Little ones to him belong. They are weak, but he is strong.
Yes, Jesus loves me.
Yes, Jesus loves me.
Yes, Jesus loves me.
The Bible tells me so.”

I have two emotions as I am attending this conference, and I had two same emotions when I attended Plano One. The first is one of great joy to see this many Episcopalians in one place, here praising God, and singing his praises. But the second one is one of profound sadness. If you look around here you see one portion of our Episcopal family that is missing.

Now, it’s been talked about in the press, and as I was talking with the organizers, I brought it up. And, as we gathered around, they looked down and said, “Well, you’re right.”

The African American Episcopal Community is missing. Last night, there were only three African American priests here for Eucharist.

Plano East is a wonderful experience of a Biblically-based Anglicanism. But my community is not represented in large numbers, and this causes me great pain. What is also painful is that the leadership of my community, and I am a former board member of the Union of Black Episcopalians. I was at the conference in Minneapolis at Gethsemane Church that was right before General Convention, and some of my members, who are here today, were there and we were angry as we heard the support of what was coming.

Not only that, [but] the vast majority of African American Episcopal lay persons are silent on these issues. What is also so very painful to me is that we sons and daughters of Africa in this country are out of step with our brothers and sisters from the mother continent.

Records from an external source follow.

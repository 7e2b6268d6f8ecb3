-- ===== src/Engine/Graph/Tests.antt =====
-- Two pools that share a token.
use ai_quantum.Common.{
  ℕ, ◌≡◌, refl, Bool, true, false, List, [], ◌∷◌, length, Option, none, some, Outcome, ok, err,
}
use ai_quantum.Common.Int.{ℤ, pos}
use ai_quantum.Common.Text.{Text, codes, text_eq}
use ai_quantum.Common.Set.{contains, add, sorted, of_list}
use ai_quantum.Common.Dict.{get, put, keys}
use ai_quantum.Common.Float.Exact.{sixteenths}
use ai_quantum.Core.Snapshot.{GraphSnapshot, validate_graph_snapshot}
use ai_quantum.Ingestion.Event.{TickDataEvent}
use ai_quantum.Engine.Graph.{Env, pair_eq, zero_address, timed}
use ai_quantum.Engine.Graph.Consistent.{HasNoColon}
use ai_quantum.Engine.Graph.Edges.{protocol_id, pool_id, token_id, text_leb, pool_volume}
use ai_quantum.Engine.Graph.Builder.{BuildError, no_events, build_graph, node_fits, edge_fits}
use ai_quantum.Engine.Graph.Builder.Sound.{IsRight, build_graph-IsRight}

abbrev env : Env ℤ ℕ
env = record {
  parse_ts = λ t. some 0;
  abs_amount = λ a. some (pos 16);
  is_before = λ a b. false;
  total_seconds = λ a b. pos 0;
  exp = λ x. pos 16;
  minus_lambda = pos 0;
  corr_liquidity_flow = pos 16;
  corr_borrow_position = pos 12;
  corr_shared_collateral = pos 8;
  is_finite = λ x. true;
  degree = λ ids es id. 1;
  number_of_nodes = λ ids es. length ids;
}

abbrev event : Text → TickDataEvent
event pool = record {
  block_number = 17;
  block_timestamp = codes "2023-03-11T00:00:00Z";
  protocol = codes "uniswap_v3";
  event_type = codes "swap";
  pool_address = pool;
  token0 = codes "0xc0";
  token1 = codes "0xc1";
  amount0 = codes "5";
  amount1 = codes "7";
  tx_hash = codes "0xdd";
  log_index = 3;
}

abbrev events : List TickDataEvent
events = event (codes "0xa") ∷ event (codes "0xb") ∷ []

abbrev accepts : GraphSnapshot ℤ → Bool
accepts s = true

-- How many nodes and edges there are.
abbrev sizes : Outcome BuildError (GraphSnapshot ℤ) → Option (ℕ × ℕ)
sizes (err e) = none
sizes (ok s) = some (length s.nodes, length s.edges)

builds : sizes (build_graph env accepts (codes "s") (codes "now") events) ≡ some (5, 8)
unfolding build_graph timed validate_graph_snapshot get put keys contains add sorted text_eq pair_eq
    zero_address protocol_id pool_id token_id text_leb pool_volume node_fits edge_fits of_list
builds = refl

refuses_nothing : build_graph env accepts (codes "s") (codes "now") [] ≡ err no_events
unfolding build_graph
refuses_nothing = refl

no_colon : HasNoColon (codes "uniswap_v3")
no_colon = (refl, (refl, (refl, (refl, (refl, (refl, (refl, (refl, (refl, (refl, tt))))))))))

build_graph-IsRight_example :
    IsRight accepts (build_graph env accepts (codes "s") (codes "now") events)
build_graph-IsRight_example =
    build_graph-IsRight env accepts (codes "s") (codes "now") events (no_colon, (no_colon, tt))
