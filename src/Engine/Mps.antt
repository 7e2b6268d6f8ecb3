-- ===== src/Engine/Mps.antt =====
-- The package engine/mps: the fragility of a graph, and the truncation of singular spectra.
pub mod Truncation
pub mod Naive
mod Tests
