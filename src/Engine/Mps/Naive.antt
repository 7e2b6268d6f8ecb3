-- ===== src/Engine/Mps/Naive.antt =====
-- engine/mps/naive.py. A tensor and torch's operations on it are an interface; `p_eps` is the bound
-- below which a probability counts as zero.
pub mod Shapes
use ai_quantum.Common.{
  ℕ, ltb, ◌==◌, ◌&&◌, not, Bool, true, false, if◌then◌else◌, List, [], ◌∷◌, map, get_or, length,
  Option, none, some, Outcome, ok, err, ◌>>=◌,
}
use ai_quantum.Common.Text.{codes}
use ai_quantum.Common.Float.{Float, is_zero}
use ai_quantum.Core.Snapshot.{Node, NodeFeatures, GraphSnapshot}
use ai_quantum.Engine.Adjacency.{Dangling, Matrix, adjacency_tensor}
use ai_quantum.Engine.Features.{FeatureNode, FeatureError, Warning, feature_tensor}

-- The `ValueError`s: those of the function, and those of the two builders. `linalg_error` is torch's
-- LinAlgError, of `svdvals` on a matrix that is not finite.
pub data FragilityError : Type 0 where
  not_square : List ℕ → FragilityError
  wrong_features : List ℕ → FragilityError
  wrong_weights : List ℕ → FragilityError
  negative_mass : FragilityError
  linalg_error : FragilityError
  dangling : Dangling → FragilityError
  features : FeatureError → FragilityError

-- What the code calls: `t.shape`, `t.to(float32)`, `torch.ones`, `a @ b`, `bool((t < 0).any())`,
-- `float(t.sum())`, `torch.sqrt`, `t.unsqueeze(1)` and `(0)`, `a * b`, `svdvals`, `a / x`,
-- `t[t > x]`, `torch.log`, `-t`, `math.log`.
pub record Torch (F T : Type 0) : Type 0 where
  pub shape : T → List ℕ
  pub to_float32 : T → T
  pub ones : ℕ → T
  pub matmul : T → T → T
  pub any_negative : T → Bool
  pub sum : T → F
  pub sqrt : T → T
  pub as_column : T → T
  pub as_row : T → T
  pub mul : T → T → T
  pub svdvals : T → Option T
  pub div_by : T → F → T
  pub select_above : T → F → T
  pub log : T → T
  pub neg : T → T
  pub math_log : ℕ → F
  -- `torch.tensor` of a matrix with so many rows and columns, and of rows.
  pub of_matrix : ℕ → Matrix F → T
  pub of_rows : List (List F) → T

-- A node of the snapshot, as the feature builder reads it.
abbrev pub feature_node : {F : Type 0} → Node F → FeatureNode F
feature_node node = record {
  id = some node.id;
  features =
      (codes "tvl_usd", node.features.tvl_usd)
      ∷ (codes "volume_24h_usd", node.features.volume_24h_usd)
      ∷ (codes "price_usd", node.features.price_usd)
      ∷ (codes "volatility", node.features.volatility)
      ∷ (codes "connectivity", node.features.connectivity)
      ∷ [];
}

-- `t.ndim == 2 and t.shape[0] == t.shape[1]`.
unfoldable pub is_square : List ℕ → Bool
is_square (m ∷ n ∷ []) = m == n
is_square _ = false

-- `t.ndim == 2 and t.shape[0] == n`.
unfoldable pub has_rows : ℕ → List ℕ → Bool
has_rows n (m ∷ k ∷ []) = m == n
has_rows n _ = false

-- `t.shape == (n,)`.
unfoldable pub is_vector : ℕ → List ℕ → Bool
is_vector n (m ∷ []) = m == n
is_vector n _ = false

module _ {F T : Type 0} ⦃f : Float F⦄ (torch : Torch F T) (p_eps : F) where
  -- Steps 4 to 6, from the singular values.
  unfoldable pub entropy_of : ℕ → T → F
  entropy_of n sv =
      let s2 = torch.mul sv sv in
      let p = torch.select_above (torch.div_by s2 (torch.sum s2)) p_eps in
      let entropy = torch.sum (torch.neg (torch.mul p (torch.log p))) in
      if is_zero (torch.sum s2) then f.of_ℕ 0 else f.div entropy (torch.math_log n)

  abbrev pub or_linalg_error : Option T → Outcome FragilityError T
  or_linalg_error none = err linalg_error
  or_linalg_error (some sv) = ok sv

  -- The matrix of step 2.
  unfoldable pub weighted_matrix : T → T → T
  weighted_matrix a m =
      let root = torch.sqrt m in torch.mul (torch.mul (torch.as_column root) a) (torch.as_row root)

  -- Steps 2 and 3.
  unfoldable pub spectrum_of : T → T → Outcome FragilityError T
  unfolding weighted_matrix
  spectrum_of a m = or_linalg_error (torch.svdvals (weighted_matrix a m))

  -- Steps 2 to 6.
  unfoldable pub scored : ℕ → T → T → Outcome FragilityError F
  unfolding entropy_of spectrum_of
  scored n a m = do sv ← spectrum_of a m; ok (entropy_of n sv)

  -- The checks of the masses, and what follows them.
  unfoldable pub score_of : ℕ → T → T → Outcome FragilityError F
  unfolding scored
  score_of n a m =
      let score = scored n a m in
      if torch.any_negative m
      then err negative_mass
      else if is_zero (torch.sum m)
      then ok (f.of_ℕ 0)
      else score

  -- The weights, all of which are one where none are given.
  unfoldable pub weights_for : ℕ → Option T → Outcome FragilityError T
  weights_for columns none = ok (torch.ones columns)
  weights_for columns (some given) =
      let w = torch.to_float32 given in
      if is_vector columns (torch.shape w) then ok w else err (wrong_weights (torch.shape w))

  -- From step 1 on.
  unfoldable pub weighted : ℕ → T → T → Option T → Outcome FragilityError F
  unfolding score_of weights_for
  weighted n a x feature_weights = do
    w ← weights_for (get_or (torch.shape x) 1 0) feature_weights
    score_of n a (torch.matmul x w)

  unfoldable pub fragility_raw : T → T → Option T → Outcome FragilityError F
  unfolding weighted is_square has_rows
  fragility_raw adjacency node_features feature_weights =
      let n = get_or (torch.shape adjacency) 0 0 in
      let score =
        weighted n (torch.to_float32 adjacency) (torch.to_float32 node_features) feature_weights in
      if not (is_square (torch.shape adjacency))
      then err (not_square (torch.shape adjacency))
      else if not (has_rows n (torch.shape node_features))
      then err (wrong_features (torch.shape node_features))
      else if ltb n 2
      then ok (f.of_ℕ 0)
      else score

  abbrev pub or_dangling : Outcome Dangling (Matrix F) → Outcome FragilityError (Matrix F)
  or_dangling (err e) = err (dangling e)
  or_dangling (ok m) = ok m

  abbrev pub or_features :
      Outcome FeatureError (List (List F) × List Warning) → Outcome FragilityError (List (List F))
  or_features (err e) = err (features e)
  or_features (ok (rows, warnings)) = ok rows

  -- `fragility_raw_from_graph`.
  unfoldable pub fragility_raw_from_graph :
      (F → Bool) → (F → F) → GraphSnapshot F → Option T → Outcome FragilityError F
  unfolding fragility_raw adjacency_tensor feature_tensor
  fragility_raw_from_graph is_finite to_float32 graph feature_weights = do
    a ← or_dangling (adjacency_tensor graph)
    x ← or_features (feature_tensor is_finite to_float32 (map feature_node graph.nodes))
    fragility_raw (torch.of_matrix (length graph.nodes) a) (torch.of_rows x) feature_weights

But I have a faith in a good God. He can turn my brokenness into holiness. My pain into an impetus for action.

And how do I know it? Because the Bible tells me so.

An African American priest colleague of mine said, “This is not my issue.” When I questioned him further, he told me that this controversy of homosexuality was not his issue. My brothers and sisters in Christ, we have allowed those who supported GC actions to set the parameters of the discussion. In the words of Malcolm X, “We have been bamboozled, hoodwinked, run amuck.” They have determined that the issue is inclusiveness. We need to declare this day that the issue in the Episcopal Church after the General Convention is the authority of the Word of God.

We need to shift the discussion to the basic instruction before leaving earth: the B-I-B-L-E. It is not a doctrine of inclusiveness that will save you and me, but the word made flesh in Jesus, who is God incarnate, who lived in Palestine, who was arrested, died on the Cross, rose on Easter Sunday, and opened the gates of heaven to us poor sinners. It is that which will save you and me.

And how do we know it? Because the Bible tells me so.

Now, St. Luke in his gospel, gospel of Luke, chapter 8, verses 22-25, that he was asleep in the back of the boat. And, if I was a brother, "How dare you, brother, be sleeping in the boat when this boat is sinking?"

I would have been the first back there to wake him up and say, “How dare you Jesus.”

“What you mean, brother.”

He didn’t say that.

And the important part of that, he woke up and rebuked the wind and the raging waves, and he caused them to cease, and there was a calm. And then he turned to them and he said, “Where is your faith?”

Where’s your faith, Afro-Anglicans? Where’s your faith, Episcopal Church? Is your faith rooted in the theological profundity of political correctness. Is your faith rooted in soundbytes that sound oh so good and oh so hollow? Or is your faith rooted in the Biblically based Anglicanism that your grandmother would recognize?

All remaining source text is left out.